Читаем Леонид Утесов. Песня, спетая сердцем полностью

Оправдания здесь не нужны, а понимание – необходимо. Тем более что со временем Утесов отходит от этих песен, впечатления детства переносит в иные произведения. В «Раскинулось море широко», например. Не зря же С.Я. Маршак, в умении которого ценить поэзию сомнений нет, назвал эту песню утесовского репертуара «типичной народной балладой». Она, по мнению Самуила Яковлевича, «содержит все ее признаки: сюжет, что развивается от четверостишия к четверостишию, жизнь героя от рождения до завершения. Люди всегда любили такие песни, пели их вечерами в кругу друзей и родных, каждый мог поставить себя на место героя баллады, и это помогало жить».

Вначале было слово

Что же, может быть, Утесов был под особым бдительным оком цензуры? Не сказать. Замечания ее порой на первый взгляд казались мелочными, но влияли на характер песни.

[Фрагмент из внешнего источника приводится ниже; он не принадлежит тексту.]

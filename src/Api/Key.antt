-- ===== src/Api/Key.antt =====
-- api/v1/dependencies.py: the API key in front of the ingestion and admin endpoints.
pub mod Required
use quant_api_gateway.Prelude.{
  String, ◌≡◌, refl, ◌↔◌, ◌⊎◌, inl, inr, Bool, true, false, ◌&&◌, Option, none, some, str_eq,
  eq_iff, ltb, if◌then◌else◌, Result, ok, err,
}
use Prim.Native.Char.{code}
use quant_api_gateway.Effects.{M, Exception, http, other, pure, raise, lift, ◌>>=◌, ◌>>◌}
use quant_api_gateway.Http.{plain}

abbrev pub is_ascii : String → Bool
is_ascii String.[] = true
is_ascii (String.◌∷◌ c s) = ltb (code c) 128 && is_ascii s

-- `secrets.compare_digest`, of which Python documents that it takes two texts only of ASCII
-- characters (or raises a `TypeError`), and says whether they are equal.
pub record CompareDigest : Type 0 where
  pub compare_digest : String → String → Result Exception Bool
  pub compares :
      (a b : String) → is_ascii a ≡ true → is_ascii b ≡ true → compare_digest a b ≡ ok (str_eq a b)
  pub refuses : (a b : String) → is_ascii a ≡ false → compare_digest a b ≡ err other
  pub refuses_expected : (a b : String) → is_ascii b ≡ false → compare_digest a b ≡ err other

-- `key or ""`
abbrev pub key_or_empty : Option String → String
key_or_empty none = ""
key_or_empty (some key) = key

abbrev pub forbidden : Exception
forbidden = http (record { status_code = 403; detail = plain "Invalid or missing API key" })

module _ {W : Type 0} (secrets : CompareDigest) where
  abbrev when_equal : Bool → M W (Unit {0})
  when_equal equal = if equal then pure tt else raise forbidden

  pub verify_api_key : String → Option String → M W (Unit {0})
  verify_api_key expected key =
      lift (secrets.compare_digest (key_or_empty key) expected) >>= when_equal

  -- A route of a router with `dependencies=[Depends(verify_api_key)]`.
  abbrev pub guarded : {A : Type 0} → String → Option String → M W A → M W A
  guarded expected key handler = verify_api_key expected key >> handler

  -- What a request gets whose key equals the expected one or not.
  abbrev Decided : Bool → W → Result Exception (Unit {0}) × W → Type 0
  Decided equal w x =
      ((x.0 ≡ ok tt) ↔ (equal ≡ true)) × ((x ≡ (ok tt, w)) ⊎ (x ≡ (err forbidden, w)))

  when_equal-Decided : (equal : Bool) (w : W) → Decided equal w (when_equal equal w)
  when_equal-Decided true w = ((λ h. refl, λ h. refl), inl refl)
  when_equal-Decided false w = ((λ h. cc, λ h. cc), inr refl)

  -- With an expected key of ASCII characters, a request whose key is of ASCII characters too passes
  -- exactly if its key, or the empty text for a missing one, is the expected key; it is otherwise
  -- refused with status 403, and either way the world stays as it is.
  pub verify_api_key_iff :
      (expected : String) (key : Option String) (w : W)
      → is_ascii expected ≡ true
      → is_ascii (key_or_empty key) ≡ true
      → let x = verify_api_key expected key w in
        ((x.0 ≡ ok tt) ↔ (key_or_empty key ≡ expected))
        × ((x ≡ (ok tt, w)) ⊎ (x ≡ (err forbidden, w)))
  unfolding verify_api_key
  verify_api_key_iff expected key w ascii presented =
      let equal = str_eq (key_or_empty key) expected in
      let ((opened, open_), ended) = when_equal-Decided equal w in
      let (same, same') = eq_iff (key_or_empty key) expected in
      rw (secrets.compares (key_or_empty key) expected presented ascii)
        ((λ h. same (opened h), λ e. open_ (same' e)), ended)

  -- A key with a character outside ASCII is not answered with 403: the comparison raises.
  verify_api_key-raises :
      (expected key : String) (w : W)
      → is_ascii key ≡ false
      → verify_api_key expected (some key) w ≡ (err other, w)
  unfolding verify_api_key
  verify_api_key-raises expected key w odd = rw (secrets.refuses key expected odd) refl
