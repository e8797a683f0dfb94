-- ===== src/Api/Admin.antt =====
-- api/v1/admin.py: the flush of the cache, behind the API key. The fuel is that of the SCAN loop.
use quant_api_gateway.Prelude.{
  ℕ, ◌<◌, String, ◌≡◌, refl, ap, ◌≢◌, ◌⊎◌, inl, inr, true, false, Option, none, some, [],
  if◌then◌else◌, Result, ok, err,
}
use quant_api_gateway.Effects.{Exception, is_cache_error}
use quant_api_gateway.Cache.{Redis}
use quant_api_gateway.Cache.Pattern.{Pass}
use quant_api_gateway.Cache.Laws.{IsLawful}
use quant_api_gateway.Cache.Ends.{ScanEnds, Flushes}
use quant_api_gateway.Cache.Invalidator.{gateway_cache_pattern, flush_all}
use quant_api_gateway.Cache.Invalidator.Laws.{flush_all-Flushes}
use quant_api_gateway.Api.{abort}
use quant_api_gateway.Api.Key.{
  CompareDigest, verify_api_key, forbidden, is_ascii, key_or_empty, verify_api_key_iff,
}

pub record Flushed : Type 0 where
  pub status : String
  pub keys_deleted : ℕ

module _ (R : Redis) where
  -- A step that may run out of fuel.
  abbrev flush_answer : Result Exception ℕ → Result Exception Flushed
  flush_answer (ok count) = ok (record { status = "flushed"; keys_deleted = count })
  flush_answer (err e) = if is_cache_error e then err (abort 500 "cache flush failed" []) else err e

  abbrev flushed : Pass R gateway_cache_pattern → Option (Result Exception Flushed × R.State)
  flushed none = none
  flushed (some (r, s)) = some (flush_answer r, s)

  unfoldable pub flush_cache : ℕ → R.State → Option (Result Exception Flushed × R.State)
  flush_cache fuel s = flushed (flush_all R fuel s)

  abbrev pub after_key :
      ℕ → Result Exception (Unit {0}) × R.State → Option (Result Exception Flushed × R.State)
  after_key fuel (ok _, s) = flush_cache fuel s
  after_key fuel (err e, s) = some (err e, s)

  -- The route, with the dependency of its router.
  unfoldable pub flush_route :
      CompareDigest
      → String
      → Option String
      → ℕ
      → R.State
      → Option (Result Exception Flushed × R.State)
  flush_route secrets expected key fuel s = after_key fuel (verify_api_key secrets expected key s)

  module _ (law : IsLawful R) (ends : ScanEnds R) where
    open law use {lookup, matches}

    -- How the flush of a cache ends: it says so and the keys of the pattern are gone, or it answers
    -- 500; the keys outside the pattern are as they were.
    abbrev pub Emptied : R.State → Option (Result Exception Flushed × R.State) → Type 0
    Emptied s none = ⊥
    Emptied s (some (ok answer, t)) =
        (answer.status ≡ "flushed")
        × ((j : String)
            → lookup t j ≡ (if matches gateway_cache_pattern j then none else lookup s j))
    Emptied s (some (err e, t)) =
        (e ≡ abort 500 "cache flush failed" [])
        × ((j : String) → matches gateway_cache_pattern j ≡ false → lookup t j ≡ lookup s j)

    flushed-Emptied :
        (s : R.State) (r : Pass R gateway_cache_pattern)
        → Flushes R law ends gateway_cache_pattern s r
        → Emptied s (flushed r)
    flushed-Emptied s none f = f
    flushed-Emptied s (some (ok n, t)) f = (refl, f)
    flushed-Emptied s (some (err e, t)) (raised, f) = rw raised (refl, f)

    -- With an expected key and a presented key of ASCII characters, a lawful Redis and fuel above the
    -- rank of cursor 0, the route ends as follows. For a request that presents the key it answers that
    -- the cache is flushed, and then no key of the pattern gateway:* is left, or it answers 500, and
    -- then some of them may be; in both cases every other key of the cache is as it was. For any
    -- other request it answers 403 with the cache as it was.
    pub flush_route-guarded :
        (secrets : CompareDigest) (expected : String) (key : Option String) (fuel : ℕ) (s : R.State)
        → is_ascii expected ≡ true
        → is_ascii (key_or_empty key) ≡ true
        → ends.rank 0 < fuel
        → let o = flush_route secrets expected key fuel s in
          ((key_or_empty key ≡ expected) × Emptied s o)
          ⊎ ((key_or_empty key ≢ expected) × (o ≡ some (err forbidden, s)))
    unfolding flush_route flush_cache
    flush_route-guarded secrets expected key fuel s ascii presented enough =
        let ((to, from), ended) = verify_api_key_iff secrets expected key s ascii presented in
        elim ended [
          | inl e ↦ inl (
            to (ap (λ x. x.0) e),
            rw e (
                flushed-Emptied s (flush_all R fuel s)
                  (flush_all-Flushes R law ends fuel s enough)),
          )
          | inr e ↦ inr (λ same. let k = from same in cc, rw e refl)
        ]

«Каховку» Дунаевского на стихи Михаила Светлова Утесов спел так, как она прозвучала в фильме «Три товарища». И только он успел записать ее на пластинки, тут же последовал окрик:

– Что это за города перечисляет поэт? Откуда взялись эти Любава и Варшава? Он что, не знает, что в Польше Красная армия потерпела неудачу и до ее столицы так и не смогла дойти?! И как можно петь о тех, кто сражался за революцию: «Ты помнишь, товарищ, как вместе шатались»?

Утесова вызвали в Главлит (теперь репертком стал составной частью расширившегося в несколько раз Главлита – Главного управления по делам литературы и искусства, существовавшего не при Наркомпросе, а при НКВД – Народном комиссариате внутренних дел). Он выслушал цензора, ознакомился с решением о запрете исполнения песни в прежнем виде и рассказал об этом Михаилу Аркадьевичу.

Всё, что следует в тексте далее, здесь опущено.